The Jabali Upanishad (जबालि उपनिषत्), also called Jabalyupanishad (IAST: ), is a Sanskrit text and one of the minor Upanishads of Hinduism. It is attached to the Samaveda, and classified as is one of the Shaiva Upanishads.

It is a short Upanishad, and structured as a discourse between sage Jabali to sage Pippalada, and is notable for presenting the Pashupata theology. It explains what Pashu and Pata means, and the Vibhuti (ash) on one's forehead as a reminder of transitory nature of life, the unchanging universality of Shiva, and as a means of one's salvation.

==History==
The title of the text is named after sage Jabali, famous in Hindu mythology, and who features in the Hindu epic Ramayana.

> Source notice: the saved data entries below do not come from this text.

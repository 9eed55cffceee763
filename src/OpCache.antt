-- ===== src/OpCache.antt =====
-- src/op_cache.h and src/op_cache.cpp: `OpValueCache`, the values that the nodes of a search announce, with
-- how many announce each, and `OpCache`, which passes them on to listeners. `callback` answers a call
-- on it; the calls are events. The times are those of the system clock.
pub mod Known
pub mod Entries
pub mod Counts
mod Tests
use opendht.Prelude.{
  ℕ, ◌+◌, ◌-◌, ◌%◌, Bool, true, false, not, ◌&&◌, List, [], ◌∷◌, Option, none, some, ltb, ◌==◌,
  if◌then◌else◌,
}
use opendht.Prelude.Map.{Map}
use opendht.Prelude.Map
use opendht.Time.{TimePoint, Duration, time_max, seconds}
use opendht.Value.{Value}
use opendht.Value
use opendht.Filter.{Filter, passes, filter_values}
use opendht.Storage.{LocalListener}
use opendht.ValueCache.{
  SyncStatus, added, synced, unsynced, removed, Event, values_added, values_expired,
}

pub record OpCacheValueStorage : Type 0 where
  pub stored : Value
  pub ref_count : ℕ
  pub updated : TimePoint

pub record OpValueCache : Type 0 where
  pub nodes : ℕ
  pub synced_nodes : ℕ
  pub values : Map OpCacheValueStorage

-- `unsigned` has 32 bits, size_t has 64.
abbrev pub unsigned_mod : ℕ
unsigned_mod = 4294967296

abbrev pub size_mod : ℕ
size_mod = 18446744073709551616

-- A value that is announced under the id of one that is there, and is another: it is taken if its
-- sequence number is greater.
unfoldable pub is_edit : Value → OpCacheValueStorage → Bool
unfolding Value.equal
is_edit v c = if Value.equal c.stored v then false else ltb c.stored.seq v.seq

unfoldable pub merge : TimePoint → Value → OpCacheValueStorage → OpCacheValueStorage
unfolding Value.equal
merge t v c =
    if Value.equal c.stored v
    then record c { ref_count = (c.ref_count + 1) % unsigned_mod; updated = t }
    else if ltb c.stored.seq v.seq
    then record c { stored = v; updated = t }
    else record c { updated = t }

-- The loop of `onValuesAdded`: the cache, and `newValues`.
unfoldable pub added_loop :
    TimePoint → List Value → Map OpCacheValueStorage → Map OpCacheValueStorage × List Value
unfolding Map.find Map.emplace Map.update merge is_edit
added_loop t [] m = (m, [])
added_loop t (v ∷ vs) m = elim (Map.find v.id m) [
  | none ↦
      let fresh : OpCacheValueStorage = record { stored = v; ref_count = 1; updated = t } in
      let (m', news) = added_loop t vs (Map.emplace v.id fresh m) in (m', v ∷ news)
  | some c ↦
      let (m', news) = added_loop t vs (Map.update v.id (merge t v) m) in
      (m', if is_edit v c then v ∷ news else news)
]

-- What a call of the callback on these values is, and its answer: `true` without a call if there are none.
abbrev pub call : (List Value → Event) → List Value → List Event
call e [] = []
call e (v ∷ vs) = e (v ∷ vs) ∷ []

abbrev pub answer : (List Value → Bool) → List Value → Bool
answer callback [] = true
answer callback (v ∷ vs) = callback (v ∷ vs)

unfoldable pub on_values_added :
    (List Value → Bool → Bool)
    → List Value
    → TimePoint
    → OpValueCache
    → OpValueCache × List Event × Bool
unfolding added_loop
on_values_added callback vals t c =
    let (m, news) = added_loop t vals c.values in
    (record c { values = m }, call values_added news, answer (λ vs. callback vs false) news)

abbrev pub drop_ref : TimePoint → OpCacheValueStorage → OpCacheValueStorage
drop_ref t c = record c { ref_count = (c.ref_count + unsigned_mod - 1) % unsigned_mod; updated = t }

-- The loop of `onValuesExpired` over ids: the cache, and `expiredValues`.
unfoldable pub expired_loop :
    TimePoint → List ℕ → Map OpCacheValueStorage → Map OpCacheValueStorage × List Value
unfolding Map.find Map.update Map.erase
expired_loop t [] m = (m, [])
expired_loop t (vid ∷ vids) m = elim (Map.find vid m) [
  | none ↦ expired_loop t vids m
  | some c ↦ elim (ltb t c.updated) [
    | true ↦ expired_loop t vids m
    | false ↦ elim ((drop_ref t c).ref_count == 0) [
      | true ↦ let (m', gone) = expired_loop t vids (Map.erase vid m) in (m', c.stored ∷ gone)
      | false ↦ expired_loop t vids (Map.update vid (drop_ref t) m)
    ]
  ]
]

-- onValuesExpired of ids.
unfoldable pub on_ids_expired :
    (List Value → Bool → Bool)
    → List ℕ
    → TimePoint
    → OpValueCache
    → OpValueCache × List Event × Bool
unfolding expired_loop
on_ids_expired callback vids t c =
    let (m, gone) = expired_loop t vids c.values in
    (record c { values = m }, call values_expired gone, answer (λ vs. callback vs true) gone)

abbrev pub ids_of : List Value → List ℕ
ids_of [] = []
ids_of (v ∷ vs) = v.id ∷ ids_of vs

-- onValuesExpired of values, of which only the ids are read.
unfoldable pub on_values_expired :
    (List Value → Bool → Bool)
    → List Value
    → TimePoint
    → OpValueCache
    → OpValueCache × List Event × Bool
unfolding on_ids_expired
on_values_expired callback vals t c = on_ids_expired callback (ids_of vals) t c

-- onValue
unfoldable pub on_value :
    (List Value → Bool → Bool)
    → List Value
    → Bool
    → TimePoint
    → OpValueCache
    → OpValueCache × List Event × Bool
unfolding on_values_added on_values_expired
on_value callback vals true t c = on_values_expired callback vals t c
on_value callback vals false t c = on_values_added callback vals t c

-- onNodeChanged
unfoldable pub on_node_changed : SyncStatus → OpValueCache → OpValueCache
on_node_changed added c = record c { nodes = (c.nodes + 1) % size_mod }
on_node_changed removed c = record c { nodes = (c.nodes + size_mod - 1) % size_mod }
on_node_changed synced c = record c { synced_nodes = (c.synced_nodes + 1) % size_mod }
on_node_changed unsynced c = record c { synced_nodes = (c.synced_nodes + size_mod - 1) % size_mod }

unfoldable pub is_synced : OpValueCache → Bool
is_synced c = ltb 0 c.nodes && c.synced_nodes == c.nodes

-- getValues
unfoldable pub get_values : Map OpCacheValueStorage → List Value
get_values [] = []
get_values ((k, c) ∷ m) = c.stored ∷ get_values m

-- get(filter)
unfoldable pub get : Filter → Map OpCacheValueStorage → List Value
unfolding passes
get f [] = []
get f ((k, c) ∷ m) = let rest = get f m in if passes f c.stored then c.stored ∷ rest else rest

-- get(id)
unfoldable pub get_by_id : ℕ → OpValueCache → Option Value
unfolding Map.find
get_by_id vid c = elim (Map.find vid c.values) [ none ↦ none | some s ↦ some s.stored ]

pub record OpCache : Type 0 where
  pub cache : OpValueCache
  pub listeners : Map LocalListener
  pub last_removed : TimePoint
  pub search_token : ℕ

-- A call of a listener's callback: its token, the values, and whether they are expired.
pub record Call : Type 0 where
  pub token : ℕ
  pub values : List Value
  pub expired : Bool

abbrev pub expiration_time : Duration
expiration_time = seconds 60

-- The constructor, at the time `now`, before `searchToken` is set.
unfoldable pub new : TimePoint → OpCache
new now = record {
  cache = record { nodes = 0; synced_nodes = 0; values = [] };
  listeners = [];
  last_removed = now;
  search_token = 0;
}

-- The loops of OpCache::onValuesAdded and onValuesExpired.
unfoldable pub tell : List Value → Bool → Map LocalListener → List Call
unfolding filter_values
tell vals expired [] = []
tell vals expired ((token, l) ∷ ls) =
    record { token = token; values = filter_values l.filter vals; expired = expired }
    ∷ tell vals expired ls

-- OpCache::onValue: the callback of the cache tells all listeners and answers `true`.
unfoldable pub op_on_value : List Value → Bool → OpCache → OpCache × List Call
unfolding on_value tell
op_on_value vals expired op =
    let (cache, events, ok) = on_value (λ vs e. true) vals expired 0 op.cache in
    (
      record op { cache = cache },
      elim events [
        | [] ↦ []
        | e ∷ es ↦ elim e [
          | values_added vs ↦ tell vs false op.listeners
          | values_expired vs ↦ tell vs true op.listeners
          | _ ↦ []
        ]
      ],
    )

-- addListener: the cache, and whether the listener stays.
unfoldable pub add_listener : ℕ → LocalListener → OpCache → OpCache × Bool
unfolding get Map.emplace
add_listener token l op =
    let there = get l.filter op.cache.values in
    let accepted : Bool = elim there [ [] ↦ true | v ∷ vs ↦ l.get_cb (v ∷ vs) false ] in
    if accepted
    then (record op { listeners = Map.emplace token l op.listeners }, true)
    else (op, false)

-- removeListener
unfoldable pub remove_listener : ℕ → TimePoint → OpCache → OpCache × Bool
unfolding Map.find Map.erase
remove_listener token now op = (
  record op { last_removed = now; listeners = Map.erase token op.listeners },
  elim (Map.find token op.listeners) [ none ↦ false | some _ ↦ true ],
)

unfoldable pub remove_all : OpCache → OpCache
remove_all op = record op { listeners = [] }

unfoldable pub is_done : OpCache → Bool
is_done op = elim op.listeners [ [] ↦ true | _ ∷ _ ↦ false ]

-- isExpired
unfoldable pub is_expired : OpCache → TimePoint → Bool
unfolding is_done
is_expired op now = is_done op && ltb (op.last_removed + expiration_time) now

-- getExpiration
unfoldable pub get_expiration : OpCache → TimePoint
unfolding is_done
get_expiration op = if is_done op then op.last_removed + expiration_time else time_max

In the Telugu language anthology of 108 Upanishads of the Muktika canon, narrated by Rama to Hanuman, it is listed at number 104.

==Contents==
The text opens with sage Pippalada asking sage Jabali the questions, "what is the Ultimate Reality? who is Jiva? who is Pashu? Who is Pati? and how can one achieve Salvation?"

Jabali asserts that the answers to these questions were realized by Ishana (a form of Shiva) through meditation. Pashupati, or Shiva, is the Ultimate Reality, the only Reality, states verse 8 of the text.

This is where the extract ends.